-- ===== src/Hv/PageTables/Descend.antt =====
-- What `descend` leaves behind: the entry is in use, and no walk has changed.
use obliteration.Prelude.{
  ℕ, ◌+◌, ◌-◌, ◌%◌, ◌^◌, ◌≡◌, ◌⊎◌, ◌<◌, ◌≤◌, refl, sym, ◌∙◌, ap, Bool, true, false, ◌&&◌, ◌==◌,
  Option, none, some, arith, Bool-cases, inl, inr, Option-cases, subst, Flow, done, panic, ◌>>=◌,
  unwrap_none, explicit, Result, ok, and_then_ok, map_err, bind-done, assert-done, and_then_ok-done,
  map_err-done, ok-injective,
}
use native.Mathlib.Nat.{div-add-mod, mod-lt}
use obliteration.Hv.Ram.{Ram, RamError, block_size, alloc}
use obliteration.Hv.Ram.Blocks.{Ordered}
use obliteration.Hv.Ram.Allocs.{alloc-Allocated, alloc-fits}
use obliteration.Hv.PageTables.{
  Table, Tables, entry_addr, write_entry, insert_table, Builder, BuilderError, Down, set_page_entry,
  alloc_page_table, descend, next_multiple,
}
use obliteration.Hv.PageTables.Entries.{entry_addr-set_page_entry, set_page_entry-bits}
use obliteration.Hv.PageTables.Links.{
  Flagged, write_entry-Flagged, insert_table-Flagged, linked, has, bind, Level,
  linked-write_entry-here, linked-write_entry-else, has-write_entry, linked-insert_table,
  has-insert_table-here, has-insert_table-else, linked-absent, linked-there,
}

pub bind-same :
    (o p : Option ℕ) (f g : ℕ → Option ℕ) → o ≡ p → ((c : ℕ) → f c ≡ g c) → bind o f ≡ bind p g
bind-same none p f g h k = ap (λ t. bind t g) h
bind-same (some a) p f g h k = k a ∙ ap (λ t. bind t g) h

pub record Descended (upper lower : Tables) (a i : ℕ) (b : Builder) (d : Down) : Type 0 where
  pub link : linked d.upper a i ≡ some d.child
  pub walks :
      (x j : ℕ) (f : ℕ → Option ℕ)
      → ((c : ℕ) → ((k : ℕ) → linked lower c k ≡ none) → f c ≡ none)
      → bind (linked d.upper x j) f ≡ bind (linked upper x j) f
  pub below : (x j : ℕ) → linked d.lower x j ≡ linked lower x j
  pub above : (x : ℕ) → has d.upper x ≡ has upper x
  pub level : Level d.upper d.lower d.builder.next
  pub grows : b.next ≤ d.builder.next
  pub flags : Flagged upper → Flagged d.upper
  pub flags_below : Flagged lower → Flagged d.lower

module _ (upper lower : Tables) (a i : ℕ) (b : Builder) where
  -- The entry was in use.
  there-Descended :
      (c : ℕ)
      → linked upper a i ≡ some c
      → Level upper lower b.next
      → Descended upper lower a i b
          (record { child = c; upper = upper; lower = lower; builder = b })
  there-Descended c h l = record {
    link = h;
    walks = λ x j f k. refl;
    below = λ x j. refl;
    above = λ x. refl;
    level = l;
    grows = omega arith;
    flags = λ t. t;
    flags_below = λ t. t;
  }

  -- A new table, at the address that the builder has got to.
  module _ (table : Table) (e : ℕ) (after : Builder) (at : upper a ≡ some table)
      (empty : (table i == 0) ≡ true) (used : (e == 0) ≡ false) (bits : e % 4 ≡ 3)
      (addr : entry_addr e ≡ b.next) (more : b.next < after.next) (vacant : lower b.next ≡ none)
      (l : Level upper lower b.next) where
    abbrev upper' : Tables
    upper' = write_entry upper a table i e

    abbrev lower' : Tables
    lower' = insert_table lower b.next

    link' : linked upper' a i ≡ some b.next
    link' = linked-write_entry-here upper a i e table at used ∙ ap some addr

    else' : (x j : ℕ) → (x == a) && (j == i) ≡ false → linked upper' x j ≡ linked upper x j
    else' = linked-write_entry-else upper a i e table at

    before : linked upper a i ≡ none
    before = linked-there upper a table i at ∙ ground (arith, empty)

    at_entry : (x j : ℕ) → (x == a) && (j == i) ≡ true → (x ≡ a) × (j ≡ i)
    at_entry x j h = (ground arith, ground arith)

    walks' :
        (x j : ℕ) (f : ℕ → Option ℕ)
        → ((c : ℕ) → ((k : ℕ) → linked lower c k ≡ none) → f c ≡ none)
        → bind (linked upper' x j) f ≡ bind (linked upper x j) f
    walks' x j f h = elim (Bool-cases ((x == a) && (j == i))) [
      | inr other ↦ ap (λ t. bind t f) (else' x j other)
      | inl same ↦
          let (p, q) = at_entry x j same in
          let now : linked upper' x j ≡ some b.next =
            ap (λ t. linked upper' t j) p ∙ ap (λ t. linked upper' a t) q ∙ link' in
          let was : linked upper x j ≡ none =
            ap (λ t. linked upper t j) p ∙ ap (λ t. linked upper a t) q ∙ before in
          ap (λ t. bind t f) now
          ∙ h b.next (λ k. linked-absent lower b.next k vacant)
          ∙ sym (ap (λ t. bind t f) was)
    ]

    has_more : (c : ℕ) → has lower c ≡ true → has lower' c ≡ true
    has_more c h = elim (Bool-cases (c == b.next)) [
      | inr other ↦ has-insert_table-else lower b.next c other ∙ h
      | inl same ↦ absurd (ground (arith, l.fresh c h, same))
    ]

    -- An entry in use is the new one or was in use.
    linked-cases :
        (x j c : ℕ)
        → linked upper' x j ≡ some c
        → ((x ≡ a) × (j ≡ i) × (c ≡ b.next)) ⊎ (linked upper x j ≡ some c)
    linked-cases x j c h = elim (Bool-cases ((x == a) && (j == i))) [
      | inr other ↦ inr (sym (else' x j other) ∙ h)
      | inl same ↦
          let (p, q) = at_entry x j same in
          let now : linked upper' x j ≡ some b.next =
            ap (λ t. linked upper' t j) p ∙ ap (λ t. linked upper' a t) q ∙ link' in
          inl (p, q, cc (now, h))
    ]

    level' : Level upper' lower' after.next
    level' = record {
      whole = λ x j c h. elim (linked-cases x j c h) [
        | inl n ↦ ap (λ t. has lower' t) n.2 ∙ has-insert_table-here lower b.next
        | inr old ↦ has_more c (l.whole x j c old)
      ];
      single = λ x j y k c h g. elim (linked-cases x j c h) [
        | inl n ↦ elim (linked-cases y k c g) [
          | inl m ↦ (n.0 ∙ sym m.0, n.1 ∙ sym m.1)
          | inr old ↦ absurd (omega (arith, n.2, l.fresh c (l.whole y k c old)))
        ]
        | inr was ↦ elim (linked-cases y k c g) [
          | inl m ↦ absurd (omega (arith, m.2, l.fresh c (l.whole x j c was)))
          | inr old ↦ l.single x j y k c was old
        ]
      ];
      fresh = λ c h. elim (Bool-cases (c == b.next)) [
        | inl same ↦ ground (arith, more)
        | inr other ↦
            omega (arith, more, l.fresh c (sym (has-insert_table-else lower b.next c other) ∙ h))
      ];
    }

    new-Descended :
        Descended upper lower a i b
          (record { child = b.next; upper = upper'; lower = lower'; builder = after })
    new-Descended = record {
      link = link';
      walks = walks';
      below = λ x j. linked-insert_table lower b.next x j vacant;
      above = λ x. has-write_entry upper a i e table at x;
      level = level';
      grows = omega (arith, more);
      flags = write_entry-Flagged upper a i e table at bits;
      flags_below = insert_table-Flagged lower b.next;
    }

next_multiple-reach : (size len : ℕ) → 0 < size → next_multiple 4096 size ≡ done len → 4096 ≤ len
unfolding next_multiple
next_multiple-reach size len h k =
    ground (arith, k, div-add-mod (4096 + (size - 1)) size, mod-lt (4096 + (size - 1)) h)

-- The builder of a machine whose memory ends at 2 ^ 63 at most.
pub record Builds (r : Ram) (b : Builder) : Type 0 where
  pub size : 0 < block_size r
  pub memory : r.len ≤ 2 ^ 63
  pub order : Ordered (block_size r) 0 b.blocks

module _ (commit map : ℕ → ℕ → Bool) (r : Ram) where
  -- The page table is at the address that the builder has got to.
  pub record Grown (b : Builder) (n : ℕ × Builder) : Type 0 where
    pub at : n.0 ≡ b.next
    pub more : b.next < n.1.next
    pub inside : b.next < 2 ^ 63
    pub builds : Builds r n.1

  pub alloc_page_table-Grown :
      (b : Builder) (n : ℕ × Builder)
      → Builds r b
      → alloc_page_table commit map r b ≡ done (ok n)
      → Grown b n
  unfolding alloc_page_table
  alloc_page_table-Grown b n g h =
      let (len, whole, rest) = bind-done (next_multiple 4096 (block_size r)) _ h in
      let (al, run) = assert-done (b.next % 4096 == 0) _ rest in
      let (after, made, last) = and_then_ok-done (alloc commit map r b.next len b.blocks) _ run in
      let (a, _) = alloc-Allocated commit map r b.next len b.blocks after g.size g.order made in
      let fits = alloc-fits commit map r b.next len b.blocks after made in
      let reach = next_multiple-reach (block_size r) len g.size whole in
      let n_eq = ok-injective last in
      subst (Grown b) n_eq (record {
        at = refl;
        more = omega arith;
        inside = omega (arith, fits, g.memory);
        builds = record { size = g.size; memory = g.memory; order = a.order };
      })

  module _ (failed : RamError → BuilderError) (upper lower : Tables) (a i : ℕ) (b : Builder) where
    descend-none :
        upper a ≡ none → descend commit map r failed upper lower a i b ≡ panic unwrap_none
    unfolding descend
    descend-none h = rw (descend, h) refl

    -- The entry is in use.
    descend-lost :
        (table : Table)
        → upper a ≡ some table
        → (table i == 0) ≡ false
        → lower (entry_addr (table i)) ≡ none
        → descend commit map r failed upper lower a i b ≡ panic unwrap_none
    unfolding descend
    descend-lost table h k g = rw (descend, h, k, g) refl

    pub descend-there :
        (table there : Table)
        → upper a ≡ some table
        → (table i == 0) ≡ false
        → lower (entry_addr (table i)) ≡ some there
        → descend commit map r failed upper lower a i b
          ≡ done (
              ok (record {
                child = entry_addr (table i);
                upper = upper;
                lower = lower;
                builder = b;
              }))
    unfolding descend
    descend-there table there h k g = rw (descend, h, k, g) refl

    -- The entry gets a table.
    abbrev inserted : Table → ℕ × Builder → ℕ → Down
    inserted table n e = record {
      child = n.0;
      upper = write_entry upper a table i e;
      lower = insert_table lower n.0;
      builder = n.1;
    }

    abbrev link_new : Table → ℕ × Builder → ℕ → Flow (Result Down BuilderError)
    link_new table n e = elim (lower n.0) [
      | some there ↦ panic explicit
      | none ↦ done (ok (inserted table n e))
    ]

    abbrev new_table : Table → Flow (Result Down BuilderError)
    new_table table =
        and_then_ok (map_err failed (alloc_page_table commit map r b))
          λ n. set_page_entry n.0 >>= link_new table n

    descend-new :
        (table : Table)
        → upper a ≡ some table
        → (table i == 0) ≡ true
        → descend commit map r failed upper lower a i b ≡ new_table table
    unfolding descend
    descend-new table h k = rw (descend, h, k) refl

    link_new-Descended :
        (table : Table) (n : ℕ × Builder) (e : ℕ) (d : Down)
        → upper a ≡ some table
        → (table i == 0) ≡ true
        → Builds r b
        → Level upper lower b.next
        → Grown b n
        → set_page_entry n.0 ≡ done e
        → link_new table n e ≡ done (ok d)
        → Descended upper lower a i b d × Builds r d.builder
    link_new-Descended table n e d h k g l grown wrote last = elim (Option-cases (lower n.0)) [
      | inr there ↦ cc (last, there.1)
      | inl vacant ↦
          let low : n.0 < 2 ^ 63 = omega (arith, grown.at, grown.inside) in
          let entry = entry_addr-set_page_entry n.0 e low wrote in
          let bits = set_page_entry-bits n.0 e low wrote in
          let made : link_new table n e ≡ done (ok (inserted table n e)) =
            rw (link_new, vacant) refl in
          let fresh =
            new-Descended upper lower a i b table e n.1 h k entry.1 bits (entry.0 ∙ grown.at)
              grown.more (ap lower (sym grown.at) ∙ vacant) l in
          subst (λ d. Descended upper lower a i b d × Builds r d.builder)
            (ok-injective (sym made ∙ last))
            (
              subst (λ t. Descended upper lower a i b (inserted table (t, n.1) e)) (sym grown.at)
                  fresh,
              grown.builds,
            )
    ]

    new_table-Descended :
        (table : Table) (d : Down)
        → upper a ≡ some table
        → (table i == 0) ≡ true
        → Builds r b
        → Level upper lower b.next
        → new_table table ≡ done (ok d)
        → Descended upper lower a i b d × Builds r d.builder
    new_table-Descended table d h k g l run =
        let (n, made, rest) =
          and_then_ok-done (map_err failed (alloc_page_table commit map r b)) _ run in
        let grown =
          alloc_page_table-Grown b n g
            (map_err-done failed (alloc_page_table commit map r b) made) in
        let (e, wrote, last) = bind-done (set_page_entry n.0) (link_new table n) rest in
        link_new-Descended table n e d h k g l grown wrote last

  pub descend-Descended :
      (failed : RamError → BuilderError) (upper lower : Tables) (a i : ℕ) (b : Builder) (d : Down)
      → Builds r b
      → Level upper lower b.next
      → descend commit map r failed upper lower a i b ≡ done (ok d)
      → Descended upper lower a i b d × Builds r d.builder
  descend-Descended failed upper lower a i b d g l h = elim (Option-cases (upper a)) [
    | inl gone ↦ cc (h, descend-none failed upper lower a i b gone)
    | inr table ↦ elim (Bool-cases (table.0 i == 0)) [
      | inl empty ↦
          new_table-Descended failed upper lower a i b table.0 d table.1 empty g l
            (sym (descend-new failed upper lower a i b table.0 table.1 empty) ∙ h)
      | inr used ↦ elim (Option-cases (lower (entry_addr (table.0 i)))) [
        | inl lost ↦ cc (h, descend-lost failed upper lower a i b table.0 table.1 used lost)
        | inr there ↦
            let run = descend-there failed upper lower a i b table.0 there.0 table.1 used there.1 in
            let link : linked upper a i ≡ some (entry_addr (table.0 i)) =
              linked-there upper a table.0 i table.1 ∙ ground (arith, used) in
            subst (λ d. Descended upper lower a i b d × Builds r d.builder)
              (ok-injective (sym run ∙ h)) (there-Descended upper lower a i b _ link l, g)
      ]
    ]
  ]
————————
■ Exercise ■
When you find a line in the records that contains the word "absent", copy it.

■ Response to this exercise ■
  has-insert_table-here, has-insert_table-else, linked-absent, linked-there,
          ∙ h b.next (λ k. linked-absent lower b.next k vacant)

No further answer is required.